It began with a loaf of bread.
As Megan Swanson Chao ’09 stirred up Rwanda’s red dirt on her walk home from a summer internship with Breakthrough Partners, a group of boys ran up to her and a friend, asking for money.
“They were really persistent,” recalls Megan of the encounter nearly 10 years ago. “It forced us to take a second look.” The women offered some bread to the children, who devoured it. The gesture led the women to look for the children every day that summer when they walked to their internships in Kigali, the capital of Rwanda, a small, densely populated central African country. Sometimes, Megan would bring food. Other times, they took the boys’ laundry home to wash.
Near the end of the summer, the students were devastated to learn their friends — some as young as 5 — had been rounded up by the police. According to Human Rights Watch, Rwandan authorities routinely detain the poor, including street children, for prolonged periods in “transit centers.” The women asked local organizations for help, but all were full or didn’t work with street children.
To free the children, the women rented a house. A Rwandan friend agreed to care for the boys. That was the start of Hope for Life, which provides shelter, training, and other benefits to impoverished youth in Rwanda.
“We never meant to start a nonprofit. We didn’t have a vision or a strategic plan. We were just trying to get our friends out of jail,” says Megan of the effort she began while still a psychology major at SPU. “We started out by sending the money ourselves for the rent each month while speaking at different churches around Seattle, sharing the story and asking people to help.”

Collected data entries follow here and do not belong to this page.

-- ===== src/Tests/Runtime.antt =====
-- Runs of the runtime of src/core/cluster.ts.
use cross_tab_worker_databus.Base.{
  ℕ, ◌+◌, ◌≡◌, refl, ap, ◌⊎◌, true, false, none, some, [], ◌∷◌, arith, nat_has_eq,
}
use cross_tab_worker_databus.Base.JsMap.{get, has, set, get-set_self}
use cross_tab_worker_databus.Base.JsString.{Text, text, text_has_eq, eqb}
use cross_tab_worker_databus.Base.Number.{diff_number}
use cross_tab_worker_databus.Types.{WorkerRecord, WorkerRoute, TabVisibility, ControlAction}
use cross_tab_worker_databus.Codec.Hash.{create_opaque_key}
use cross_tab_worker_databus.Routing.Select.{has_active_owner, select_active_workers}
use cross_tab_worker_databus.Cluster.Frames.{control}
use cross_tab_worker_databus.Cluster.Runtime.{
  Config, Store, Runtime, live_workers, post, write_route,
}
use cross_tab_worker_databus.Cluster.Control.{routed_here}
use cross_tab_worker_databus.Cluster.Frames.{no_publishing}
use cross_tab_worker_databus.Cluster.Passes.{reconcile, reconcile_workers}
use cross_tab_worker_databus.Cluster.Tasks.{Task, run_task, message_task, init}
use cross_tab_worker_databus.Cluster.Coherence.{IsCoherent}
use cross_tab_worker_databus.Cluster.Coherence.Tasks.{run_task-IsCoherent}
use cross_tab_worker_databus.Cluster.Registry.{build_route_record, read_workers}
use cross_tab_worker_databus.Cluster.Frames.{route_released}
use cross_tab_worker_databus.Cluster.Runtime.{with_routes}
use cross_tab_worker_databus.Cluster.Control.{routed_to}
use cross_tab_worker_databus.Cluster.Handoff.{move_route}
use cross_tab_worker_databus.Cluster.Inbox.{
  handle_control_message, handle_route_released_message, handle_message,
}
use cross_tab_worker_databus.Cluster.Lifecycle.{pause}
use cross_tab_worker_databus.Cluster.Authority.{Assignment, handle_control_message-Assignment}
use cross_tab_worker_databus.Cluster.Release.{IsReleased, handle_route_released_message-IsReleased}
use cross_tab_worker_databus.Cluster.Handover.{move_route-arrives}
use cross_tab_worker_databus.Cluster.Claiming.{claimed, rounds, subscribe-claims}
use cross_tab_worker_databus.Cluster.Claims.{subscribe}
use cross_tab_worker_databus.Routing.SelectLaws.{IsLeastOf}
use cross_tab_worker_databus.Cluster.Pausing.{pause-Departed}
use cross_tab_worker_databus.Cluster.Settled.Reconciled.{reconcile-Settled}

abbrev config : Config diff_number ℕ
config = record {
  tab_id = text "t1";
  worker_id = text "w1";
  max_active_workers = 3;
  heartbeat_interval_ms = 3000;
  worker_ttl_ms = 10000;
  load_weighting = none;
  batches = false;
  posts = λ before frame. true;
  discards = λ before store. store;
}

abbrev empty_store : Store diff_number
empty_store = record { workers = []; routes = []; subscribers = [] }

-- A started tab that subscribes to a topic.
abbrev tab : Runtime diff_number ℕ
tab = record (init config true empty_store TabVisibility.visible 256 (some 1000)) {
  started = true;
  channel = true;
  subscribed_topics = (text "news", tt) ∷ [];
}

-- A frame that some script posts.
abbrev forged : Task diff_number ℕ
forged =
    message_task (text "w2")
      (control (text "w1") ControlAction.subscribe (text "news") (text "other") no_publishing)

run_task-IsCoherent_example : IsCoherent (run_task (some 2000) forged tab)
unfolding init
run_task-IsCoherent_example =
    run_task-IsCoherent (some 2000) forged tab (λ before store v. v) ((tt, tt), tt, tt)

reconcile-Settled_example :
    let t = reconcile tab in
    let workers = (reconcile_workers tab).1 in
    ((topic : Text)
      → has topic tab.subscribed_topics ≡ true
      → has_active_owner diff_number (get (create_opaque_key topic) t.store.routes) workers ≡ true)
    × ((key : Text)
        → has key t.assigned_topics ≡ true
        → routed_here t (get key t.store.routes) ≡ true)
unfolding init
reconcile-Settled_example = reconcile-Settled tab refl refl refl (omega arith)

abbrev news_key : Text
news_key = create_opaque_key (text "news")

handle_control_message-Assignment_example :
    Assignment
      (text "w1")
      (text "w1")
      ControlAction.subscribe
      (text "news")
      news_key
      (get news_key [])
      []
      (handle_control_message
        (text "w1")
        ControlAction.subscribe
        (text "news")
        news_key
        no_publishing
        tab).assigned_topics
unfolding init
handle_control_message-Assignment_example =
    handle_control_message-Assignment (text "w1") ControlAction.subscribe (text "news") news_key
      no_publishing tab refl

handle_route_released_message-IsReleased_example :
    let t = handle_route_released_message (text "w2") (text "w1") (text "news") news_key 2 tab in
    (t ≡ tab)
    ⊎ ((text "w1" ≡ tab.config.worker_id)
        × (create_opaque_key (text "news") ≡ news_key)
        × IsReleased tab.config.worker_id (text "w2") 2 (get news_key tab.store.routes)
        × (t.assigned_topics ≡ set news_key (text "news") tab.assigned_topics))
unfolding init
handle_route_released_message-IsReleased_example =
    handle_route_released_message-IsReleased (text "w2") (text "w1") (text "news") news_key 2 tab
      refl

-- The tab of another worker, which reads the records of the first after it has handed a topic off.
abbrev other_config : Config diff_number ℕ
other_config = record config { tab_id = text "t2"; worker_id = text "w2" }

abbrev new_owner : WorkerRecord diff_number
new_owner =
    (init other_config true empty_store TabVisibility.visible 256 (some 1000)).current_record

other_tab : Runtime diff_number ℕ
other_tab = record (init other_config true empty_store TabVisibility.visible 256 (some 1500)) {
  store = (move_route news_key (text "news") 2 new_owner tab).store;
}

move_route-arrives_example :
    let u =
      handle_message (text "w1") (route_released (text "w2") (text "news") news_key 2) other_tab in
    (get news_key u.assigned_topics ≡ some (text "news"))
    × (get news_key u.store.routes
        ≡ some
            (record (build_route_record news_key
              (text "w2")
              (text "t2")
              (some (text "w1"))
              2
              1000) { confirmed_at = some 1500 }))
unfolding init other_tab move_route post write_route
move_route-arrives_example =
    move_route-arrives news_key (text "news") 2 new_owner tab other_tab
      (route_released (text "w2") (text "news") news_key 2) refl refl refl refl refl refl refl refl

-- A tab that owns its topic.
abbrev owning : Runtime diff_number ℕ
owning =
    let route = build_route_record news_key (text "w1") (text "t1") none 1 500 in
    record (with_routes ((news_key, route) ∷ []) tab) {
      assigned_topics = (news_key, text "news") ∷ [];
    }

pause-Departed_example :
    let t = pause owning in
    (t.channel ≡ false)
    × (t.assigned_topics ≡ [])
    × (get (text "w1") t.store.workers ≡ none)
    × ((key : Text)
        → has key owning.assigned_topics ≡ true
        → routed_to (text "w1") (get key t.store.routes) ≡ false)
unfolding init
pause-Departed_example = pause-Departed owning refl refl (omega arith) (λ before store. refl)

-- A tab that finds the route of a worker that has gone.
abbrev gone : WorkerRoute
gone = build_route_record news_key (text "w9") (text "t9") none 7 500

abbrev rejoining : Runtime diff_number ℕ
rejoining = with_routes (set news_key gone []) tab

rejoining-dead :
    has_active_owner diff_number (get news_key rejoining.store.routes) (live_workers rejoining).1
    ≡ false
unfolding init live_workers read_workers has_active_owner
rejoining-dead =
    ap (λ o. has_active_owner diff_number o (live_workers rejoining).1)
      (get-set_self news_key gone [])

subscribe-claims_example :
    (owner : WorkerRecord diff_number) × (IsLeastOf diff_number none
        (select_active_workers diff_number (live_workers rejoining).1 3)
        (some owner)
      × ((subscribe (text "news") rejoining).0.store.routes
          ≡ set news_key
              (claimed news_key
                (rounds (get news_key (set news_key gone [])) + 1)
                owner
                (text "w1")
                1000)
              (set news_key gone []))
      × ((subscribe (text "news") rejoining).1 ≡ eqb owner.worker_id (text "w1")))
unfolding init
subscribe-claims_example =
    subscribe-claims (text "news") rejoining refl refl refl (omega arith) rejoining-dead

Almost a decade later, Hope for Life has helped 83 Rwandan children escape homelessness. Nearly 200 children have enrolled in school. Nearly 600 lives have benefited from Hope for Life’s rehabilitative home, child sponsorships, job creation, and outreach program, all led by a 14-member Rwandan team — part of the organization’s belief that locals are best equipped to bring about change in their own communities.
For her role as the ministry’s U.S. executive director and co-founder, Megan has been recognized as Seattle Pacific’s GOLD (Graduates of the Last Decade) 2018 Alumna of the Year.
Megan oversees the U.S. staff, volunteers, and interns; provides organizational oversight alongside the Rwandan executive director; manages donor relations, marketing, and communication; and leads an annual learning trip to Rwanda for U.S. supporters. But she’s quick to point to the collective effort of donors and Hope for Life staff in both countries.
“For Megan, it’s not about alleviating poverty in Rwanda, it’s about helping the most vulnerable see the life they were created for,” says Corey Hage ’03, one of Hope for Life’s board members.
Hope for Life has seen traumatized children start to believe that they are valuable. “That changes everything,” Megan says. “The challenges are immense but seeing the hope come back into their eyes is so worth it.”